Abriu abril

Crônica da Semana
Esta crônica é patrocinada pela Poetas & tal creperia (Parque Cesamar, varanda da Casa da Cultura – Palmas-TO)

Abriu abril
Osmar Casagrande
Abril começou encantado. Muitos novos amigos, entre os quais, Ana Isabel Friedlander e Geovana Lima (SESC) e a poeta Suzana Vargas (vide Estação das Letras, Rio de Janeiro) e convivas no projeto Letras em Ação. Quanto à literatura, as rodas de bate-papo engajado trataram de Clarice Lispector, figura em destaque na semana, por conta da instalação de Ney Paiva, que a instalou no dia primeiro de abril, para começar o mês com toda a verdade enigmática própria de Clarice. Revisitados lances da vida de Clarice, sua estada em Belém do Pará, sua temporada na Itália, seus poemas. Sim, poemas.
No pé da palavra, Almecides Pereira, nosso confrade na APL, realizou palestra sobre sua patronesse, Aldenora Correa, a qual desenvolveu seus trabalhos no então norte de Goiás, no campo da Educação. O trabalho de Almecides nos trouxe valiosas informações sobre aquela poeta que, como tantos escritores no Brasil, morrem na memória de seu próprio povo. Almecides, elegendo Aldenora Correa como sua patronesse, contribui em muito para o resgate de figura de rara inteligência e vigor de ação.

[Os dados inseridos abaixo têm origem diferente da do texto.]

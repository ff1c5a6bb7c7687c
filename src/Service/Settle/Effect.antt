-- ===== src/Service/Settle/Effect.antt =====
-- What the settlement of one intent does (`settleOne` of nem_pay/api/internal/service/money.go).
use monorepo_payment.Base.{suc, ◌≡◌, refl, sym, subst, Bool, true, false, arith, not_both}
use monorepo_payment.StateMachine.{
  Mode, direct, escrow, Status, captured, status_eq, can_transition,
}
use monorepo_payment.StateMachine.Graph.{here, step}
use monorepo_payment.Chart.{asset, acquirer_receivable, TransactionKind}
use monorepo_payment.Errors.{invalid_state}
use monorepo_payment.Db.{Uuid, PaymentIntent, Database}
use monorepo_payment.Db.Exec.{
  Env, Session, Ending, Gives, Atomic, Ends, Gives-bind, Gives-require, Atomic-in_tx, pure, commit,
  abandon,
}
use monorepo_payment.Service.{account}
use monorepo_payment.Service.Rules.{Advances, settle_lines, settled_as, cash_kind}
use monorepo_payment.Service.Steps.{Found, Found-ids, Found-has_id, begin-Gives, account-Gives}
use monorepo_payment.Service.Posting.{Ready-same}
use monorepo_payment.Service.Pairs.{OpensFor, pair-Gives}
use monorepo_payment.Service.Valid.{IsValid, Found-IntentOk}
use monorepo_payment.Service.Settle.{
  target_of, cash_of, drop_result, settle_captured, settle_locked, settle_body, settle_one,
  SettleRefused, fault, missing, Settled, skipped, moved,
}

cash_of_lem : (mode : Mode) → cash_of mode ≡ cash_kind mode
cash_of_lem direct = refl
cash_of_lem escrow = refl

target_of_lem : (mode : Mode) → target_of mode ≡ settled_as mode
target_of_lem direct = refl
target_of_lem escrow = refl

pub captured_only : (s : Status) → status_eq s captured ≡ true → s ≡ captured
captured_only captured e = refl
captured_only _ e = absurd (ground arith)

settle_edge : (mode : Mode) → can_transition mode captured (target_of mode) ≡ true
unfolding can_transition
settle_edge direct = refl
settle_edge escrow = refl

settle_legal :
    (mode : Mode) (s : Status) → s ≡ captured → can_transition mode s (target_of mode) ≡ true
settle_legal mode s e =
    subst (λ x. can_transition mode x (target_of mode) ≡ true) (sym e) (settle_edge mode)

module _ (env : Env) (id m : Uuid) (old : Database) (valid : IsValid old) where
  settle_captured-Gives :
      (pi : PaymentIntent) (s : Session)
      → Found old id m pi
      → pi.status ≡ captured
      → s.db ≡ old
      → Gives
          (Ends
            (Advances old env.now pi
              (target_of pi.settlement_mode)
              (settle_lines pi.settlement_mode pi.amount))
            old)
          (SettleRefused env old id m)
          (settle_captured m pi env s)
  unfolding settle_captured
  settle_captured-Gives pi s row is_captured same =
      let E = SettleRefused env old id m in
      let legal = settle_legal pi.settlement_mode pi.status is_captured in
      Gives-require env E _
        (can_transition pi.settlement_mode pi.status (target_of pi.settlement_mode)) invalid_state _
        s (λ e. absurd (not_both e legal))
        λ _.
          pair-Gives env E fault old pi (target_of pi.settlement_mode) m TransactionKind.settle
            (cash_kind pi.settlement_mode) acquirer_receivable pi.amount
            (account m asset (cash_of pi.settlement_mode) pi.currency)
            (account m asset acquirer_receivable pi.currency) s
            (Found-has_id old id m pi valid.distinct_intents row) (step pi.status here legal)
            (Found-ids old id m pi row).1 (Found-IntentOk old id m pi valid row).positive
            (subst
              (λ k.
                OpensFor env E old m pi.currency k
                  (account m asset (cash_of pi.settlement_mode) pi.currency))
              (cash_of_lem pi.settlement_mode)
              λ s₁ r.
                account-Gives env E fault m asset (cash_of pi.settlement_mode) pi.currency s₁
                  r.distinct)
            (λ s₁ r.
              account-Gives env E fault m asset acquirer_receivable pi.currency s₁ r.distinct)
            (Ready-same old s.db valid.distinct_accounts same)

  settled_step :
      (pi updated : PaymentIntent) (db : Database)
      → Advances old env.now pi
          (target_of pi.settlement_mode)
          (settle_lines pi.settlement_mode pi.amount)
          updated
          db
      → Advances old env.now pi
          (settled_as pi.settlement_mode)
          (settle_lines pi.settlement_mode pi.amount)
          updated
          db
  settled_step pi updated db =
      subst (λ t. Advances old env.now pi t (settle_lines pi.settlement_mode pi.amount) updated db)
        (target_of_lem pi.settlement_mode)

  settle_end :
      (pi : PaymentIntent)
      → Found old id m pi
      → pi.status ≡ captured
      → (ending : Ending PaymentIntent) (s : Session)
      → Ends
          (Advances old env.now pi
            (target_of pi.settlement_mode)
            (settle_lines pi.settlement_mode pi.amount))
          old
          ending
          s.db
      → Ends (λ _ db. Settled env.now id m old db) old (drop_result ending) s.db
  settle_end pi row is_captured (commit updated) s done =
      moved pi updated row is_captured (settled_step pi updated s.db done)
  settle_end pi row is_captured (abandon updated) s done =
      moved pi updated row is_captured (settled_step pi updated old done)

  settle_locked-Gives :
      (pi : PaymentIntent) (b : Bool) (s : Session)
      → Found old id m pi
      → status_eq pi.status captured ≡ b
      → s.db ≡ old
      → Gives
          (Ends (λ _ db. Settled env.now id m old db) old)
          (SettleRefused env old id m)
          (settle_locked m pi b env s)
  unfolding settle_locked
  settle_locked-Gives pi false s row e same = skipped pi row e refl
  settle_locked-Gives pi true s row e same =
      let E = SettleRefused env old id m in
      let is_captured = captured_only pi.status e in
      let A =
        Advances old env.now pi (target_of pi.settlement_mode)
          (settle_lines pi.settlement_mode pi.amount) in
      Gives-bind env E (Ends A old) (Ends (λ _ db. Settled env.now id m old db) old)
        (settle_captured m pi) (λ ending. pure (drop_result ending)) s
        (settle_captured-Gives pi s row is_captured same)
        λ ending s₁ done. settle_end pi row is_captured ending s₁ done

  settle_body-Gives :
      (s : Session)
      → s.db ≡ old
      → Gives
          (Ends (λ _ db. Settled env.now id m old db) old)
          (SettleRefused env old id m)
          (settle_body id m env s)
  unfolding settle_body
  settle_body-Gives s same =
      let E = SettleRefused env old id m in
      Gives-bind env E _ (Ends (λ _ db. Settled env.now id m old db) old) _ _ s
        (begin-Gives env E fault id m s old same missing)
        λ pi s₁ (row, same₁).
          settle_locked-Gives pi (status_eq pi.status captured) s₁ row refl same₁

-- On valid tables the settlement of one intent either fails, with the database or with the intent that
-- is missing, and leaves every table as it was; or it finds an intent that is not captured, under the
-- lock, and changes nothing; or it does one step: the receivable is credited by the amount, the cash
-- (direct) or the segregated cash (escrow) debited, and the status is settled or held in escrow.
pub settle_one-Atomic :
    (env : Env) (id m : Uuid) (s : Session)
    → IsValid s.db
    → Atomic
        (λ _ db. Settled env.now id m s.db db)
        (SettleRefused env s.db id m)
        s.db
        (settle_one id m env s)
unfolding settle_one
settle_one-Atomic env id m s v =
    Atomic-in_tx env (SettleRefused env s.db id m) fault (λ _ db. Settled env.now id m s.db db)
      (settle_body id m) s (settle_body-Gives env id m s.db v (record s { sent = suc s.sent }) refl)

A palestra de Almecides transcorreu na normalidade, salvo por um momento em que um dos confrades presentes atacou, com a gula característica com que se atacam os crepes da Chef Izilda, um Cordel. Nada de assombroso aconteceu, mas o crac-crac da massa finíssima e crocante ao se quebrar, deu um certo tom de “ai, que vontade!” em muita gente.
Edson Cabral e Casagrande funcionando fulltime, fecharam a programação para abril e maio, sendo que a de abril, que já foi publicada, sofreu alteração, já que os dois malucos (os citados Edson e Casagrande) resolveram, no devaneio entre um crepe e um gole de café, inserir uma acontecência especial, em homenagem à língua espanhola (festejada aos 23 de abril) e farão, sobre a obra de Miguel de Cervantes, Don Quijote de la Mancha, o nosso amado Dom Quixote, um momento especial, embasado no realismo fantástico.
A novidade no menu da Poetas & tal é que o crepe “Poesia de Páscoa”, criado especialmente para aquele período, continuará no cardápio por insistência do público. Não é para menos. Confira a composição da delícia: Massa crocante, creme de avelã com chocolate, wafer de chocolate em cubos, castanha-do-pará e coroando a obra de arte, uma irresistível mousse de limão! Na linha das delícias, Casagrande aproveitou a presença de uma família de nisseis e amigos para compor um tom especial em um novo sabor de crepe. Trata-se do Hai Kai, ainda em gestação. Apreciadores da comida oriental, se liguem.
O clima geral na Poetas & tal se traduz na face dos comensais quando, além das delícias do gosto e do olfato, regiamente tratados pelos crepes, sucos e café (no domingo foi degustado o primeiro chá na Poetas & tal!), é o encantamento com os poemas que o anfitrião destila ali, ao vivo e a cores, com as tintas próprias da emoção. No mais, até a próxima.